* **What is expected**
Your answer must be every line below, repeated exactly.

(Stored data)
* * * * * * * * *
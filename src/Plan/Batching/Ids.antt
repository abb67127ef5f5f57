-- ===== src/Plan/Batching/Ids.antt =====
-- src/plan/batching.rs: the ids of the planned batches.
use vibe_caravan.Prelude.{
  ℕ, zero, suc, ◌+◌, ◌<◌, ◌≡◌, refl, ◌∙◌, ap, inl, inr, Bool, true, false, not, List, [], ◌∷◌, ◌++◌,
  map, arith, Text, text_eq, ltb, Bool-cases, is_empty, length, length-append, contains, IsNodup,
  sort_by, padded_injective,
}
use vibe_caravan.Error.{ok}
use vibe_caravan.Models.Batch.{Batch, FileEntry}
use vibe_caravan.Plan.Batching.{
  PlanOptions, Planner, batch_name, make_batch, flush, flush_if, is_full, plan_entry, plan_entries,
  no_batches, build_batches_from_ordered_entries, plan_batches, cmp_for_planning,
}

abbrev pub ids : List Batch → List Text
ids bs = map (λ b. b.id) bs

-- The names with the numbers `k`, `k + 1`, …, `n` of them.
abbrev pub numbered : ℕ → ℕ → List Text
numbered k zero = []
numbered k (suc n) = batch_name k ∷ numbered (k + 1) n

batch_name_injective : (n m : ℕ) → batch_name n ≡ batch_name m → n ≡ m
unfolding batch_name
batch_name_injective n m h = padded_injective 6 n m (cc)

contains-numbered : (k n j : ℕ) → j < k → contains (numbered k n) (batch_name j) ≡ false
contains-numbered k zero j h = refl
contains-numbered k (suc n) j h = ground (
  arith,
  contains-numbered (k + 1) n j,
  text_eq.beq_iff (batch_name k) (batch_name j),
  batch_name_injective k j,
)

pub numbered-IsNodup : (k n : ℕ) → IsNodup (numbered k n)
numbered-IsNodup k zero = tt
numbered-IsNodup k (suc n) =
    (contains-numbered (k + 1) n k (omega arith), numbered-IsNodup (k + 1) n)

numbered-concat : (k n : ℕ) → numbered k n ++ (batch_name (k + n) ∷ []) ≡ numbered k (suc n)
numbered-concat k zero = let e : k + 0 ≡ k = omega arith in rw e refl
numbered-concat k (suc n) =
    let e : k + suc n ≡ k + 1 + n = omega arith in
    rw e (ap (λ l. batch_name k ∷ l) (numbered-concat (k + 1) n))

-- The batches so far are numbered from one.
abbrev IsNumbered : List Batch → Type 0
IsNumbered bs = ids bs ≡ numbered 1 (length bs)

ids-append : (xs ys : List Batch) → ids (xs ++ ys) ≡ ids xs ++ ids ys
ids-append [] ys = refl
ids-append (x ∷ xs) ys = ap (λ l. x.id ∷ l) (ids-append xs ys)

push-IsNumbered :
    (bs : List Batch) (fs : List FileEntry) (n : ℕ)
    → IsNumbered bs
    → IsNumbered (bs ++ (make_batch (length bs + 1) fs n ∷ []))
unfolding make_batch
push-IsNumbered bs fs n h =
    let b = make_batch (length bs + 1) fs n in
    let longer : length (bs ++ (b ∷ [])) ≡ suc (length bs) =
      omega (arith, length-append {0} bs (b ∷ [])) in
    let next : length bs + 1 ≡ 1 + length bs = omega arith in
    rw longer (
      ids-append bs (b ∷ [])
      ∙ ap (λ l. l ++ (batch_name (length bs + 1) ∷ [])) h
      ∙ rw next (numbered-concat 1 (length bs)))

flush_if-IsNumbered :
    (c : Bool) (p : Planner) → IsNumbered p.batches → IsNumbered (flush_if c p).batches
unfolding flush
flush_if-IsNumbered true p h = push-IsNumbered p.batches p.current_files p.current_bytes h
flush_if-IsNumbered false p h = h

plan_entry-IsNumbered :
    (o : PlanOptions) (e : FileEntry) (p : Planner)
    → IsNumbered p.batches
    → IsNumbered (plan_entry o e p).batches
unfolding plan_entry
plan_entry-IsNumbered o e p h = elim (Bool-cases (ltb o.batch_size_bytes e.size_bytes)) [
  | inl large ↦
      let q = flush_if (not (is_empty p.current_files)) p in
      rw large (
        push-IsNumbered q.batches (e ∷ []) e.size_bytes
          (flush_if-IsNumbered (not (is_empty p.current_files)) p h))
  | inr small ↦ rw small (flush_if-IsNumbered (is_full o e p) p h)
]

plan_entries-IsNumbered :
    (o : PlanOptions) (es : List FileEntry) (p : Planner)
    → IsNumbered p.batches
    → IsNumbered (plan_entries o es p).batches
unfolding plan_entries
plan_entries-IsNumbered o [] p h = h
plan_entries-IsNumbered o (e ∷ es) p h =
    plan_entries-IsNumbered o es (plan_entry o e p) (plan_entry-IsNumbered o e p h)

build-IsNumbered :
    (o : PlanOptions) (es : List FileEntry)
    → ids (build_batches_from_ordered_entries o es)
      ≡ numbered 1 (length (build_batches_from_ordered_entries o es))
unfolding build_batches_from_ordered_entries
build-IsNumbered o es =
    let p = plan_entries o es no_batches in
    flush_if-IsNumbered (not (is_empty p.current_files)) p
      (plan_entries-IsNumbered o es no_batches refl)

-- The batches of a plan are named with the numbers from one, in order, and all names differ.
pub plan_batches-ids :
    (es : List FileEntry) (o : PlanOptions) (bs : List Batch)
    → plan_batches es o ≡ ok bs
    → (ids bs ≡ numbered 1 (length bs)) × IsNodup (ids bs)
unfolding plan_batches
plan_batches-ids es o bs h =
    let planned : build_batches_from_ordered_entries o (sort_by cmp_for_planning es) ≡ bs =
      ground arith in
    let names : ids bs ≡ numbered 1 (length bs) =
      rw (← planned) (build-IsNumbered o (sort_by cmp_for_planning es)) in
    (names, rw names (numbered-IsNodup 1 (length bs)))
* * * * * * * * *
* **Reply**
filename src/Plan/Batching/Ids.antt
repository abb67127ef5f5f57
-- ===== src/Plan/Batching/Ids.antt =====
-- src/plan/batching.rs: the ids of the planned batches.
use vibe_caravan.Prelude.{
  ℕ, zero, suc, ◌+◌, ◌<◌, ◌≡◌, refl, ◌∙◌, ap, inl, inr, Bool, true, false, not, List, [], ◌∷◌, ◌++◌,
  map, arith, Text, text_eq, ltb, Bool-cases, is_empty, length, length-append, contains, IsNodup,
  sort_by, padded_injective,
}
use vibe_caravan.Error.{ok}
use vibe_caravan.Models.Batch.{Batch, FileEntry}
use vibe_caravan.Plan.Batching.{
  PlanOptions, Planner, batch_name, make_batch, flush, flush_if, is_full, plan_entry, plan_entries,
  no_batches, build_batches_from_ordered_entries, plan_batches, cmp_for_planning,
}

abbrev pub ids : List Batch → List Text
ids bs = map (λ b. b.id) bs

-- The names with the numbers `k`, `k + 1`, …, `n` of them.
abbrev pub numbered : ℕ → ℕ → List Text
numbered k zero = []
numbered k (suc n) = batch_name k ∷ numbered (k + 1) n

batch_name_injective : (n m : ℕ) → batch_name n ≡ batch_name m → n ≡ m
unfolding batch_name
batch_name_injective n m h = padded_injective 6 n m (cc)

contains-numbered : (k n j : ℕ) → j < k → contains (numbered k n) (batch_name j) ≡ false
contains-numbered k zero j h = refl
contains-numbered k (suc n) j h = ground (
  arith,
  contains-numbered (k + 1) n j,
  text_eq.beq_iff (batch_name k) (batch_name j),
  batch_name_injective k j,
)

pub numbered-IsNodup : (k n : ℕ) → IsNodup (numbered k n)
numbered-IsNodup k zero = tt
numbered-IsNodup k (suc n) =
    (contains-numbered (k + 1) n k (omega arith), numbered-IsNodup (k + 1) n)

numbered-concat : (k n : ℕ) → numbered k n ++ (batch_name (k + n) ∷ []) ≡ numbered k (suc n)
numbered-concat k zero = let e : k + 0 ≡ k = omega arith in rw e refl
numbered-concat k (suc n) =
    let e : k + suc n ≡ k + 1 + n = omega arith in
    rw e (ap (λ l. batch_name k ∷ l) (numbered-concat (k + 1) n))

-- The batches so far are numbered from one.
abbrev IsNumbered : List Batch → Type 0
IsNumbered bs = ids bs ≡ numbered 1 (length bs)

ids-append : (xs ys : List Batch) → ids (xs ++ ys) ≡ ids xs ++ ids ys
ids-append [] ys = refl
ids-append (x ∷ xs) ys = ap (λ l. x.id ∷ l) (ids-append xs ys)

push-IsNumbered :
    (bs : List Batch) (fs : List FileEntry) (n : ℕ)
    → IsNumbered bs
    → IsNumbered (bs ++ (make_batch (length bs + 1) fs n ∷ []))
unfolding make_batch
push-IsNumbered bs fs n h =
    let b = make_batch (length bs + 1) fs n in
    let longer : length (bs ++ (b ∷ [])) ≡ suc (length bs) =
      omega (arith, length-append {0} bs (b ∷ [])) in
    let next : length bs + 1 ≡ 1 + length bs = omega arith in
    rw longer (
      ids-append bs (b ∷ [])
      ∙ ap (λ l. l ++ (batch_name (length bs + 1) ∷ [])) h
      ∙ rw next (numbered-concat 1 (length bs)))

flush_if-IsNumbered :
    (c : Bool) (p : Planner) → IsNumbered p.batches → IsNumbered (flush_if c p).batches
unfolding flush
flush_if-IsNumbered true p h = push-IsNumbered p.batches p.current_files p.current_bytes h
flush_if-IsNumbered false p h = h

plan_entry-IsNumbered :
    (o : PlanOptions) (e : FileEntry) (p : Planner)
    → IsNumbered p.batches
    → IsNumbered (plan_entry o e p).batches
unfolding plan_entry
plan_entry-IsNumbered o e p h = elim (Bool-cases (ltb o.batch_size_bytes e.size_bytes)) [
  | inl large ↦
      let q = flush_if (not (is_empty p.current_files)) p in
      rw large (
        push-IsNumbered q.batches (e ∷ []) e.size_bytes
          (flush_if-IsNumbered (not (is_empty p.current_files)) p h))
  | inr small ↦ rw small (flush_if-IsNumbered (is_full o e p) p h)
]

plan_entries-IsNumbered :
    (o : PlanOptions) (es : List FileEntry) (p : Planner)
    → IsNumbered p.batches
    → IsNumbered (plan_entries o es p).batches
unfolding plan_entries
plan_entries-IsNumbered o [] p h = h
plan_entries-IsNumbered o (e ∷ es) p h =
    plan_entries-IsNumbered o es (plan_entry o e p) (plan_entry-IsNumbered o e p h)

build-IsNumbered :
    (o : PlanOptions) (es : List FileEntry)
    → ids (build_batches_from_ordered_entries o es)
      ≡ numbered 1 (length (build_batches_from_ordered_entries o es))
unfolding build_batches_from_ordered_entries
build-IsNumbered o es =
    let p = plan_entries o es no_batches in
    flush_if-IsNumbered (not (is_empty p.current_files)) p
      (plan_entries-IsNumbered o es no_batches refl)

-- The batches of a plan are named with the numbers from one, in order, and all names differ.
pub plan_batches-ids :
    (es : List FileEntry) (o : PlanOptions) (bs : List Batch)
    → plan_batches es o ≡ ok bs
    → (ids bs ≡ numbered 1 (length bs)) × IsNodup (ids bs)
unfolding plan_batches
plan_batches-ids es o bs h =
    let planned : build_batches_from_ordered_entries o (sort_by cmp_for_planning es) ≡ bs =
      ground arith in
    let names : ids bs ≡ numbered 1 (length bs) =
      rw (← planned) (build-IsNumbered o (sort_by cmp_for_planning es)) in
    (names, rw names (numbered-IsNodup 1 (length bs)))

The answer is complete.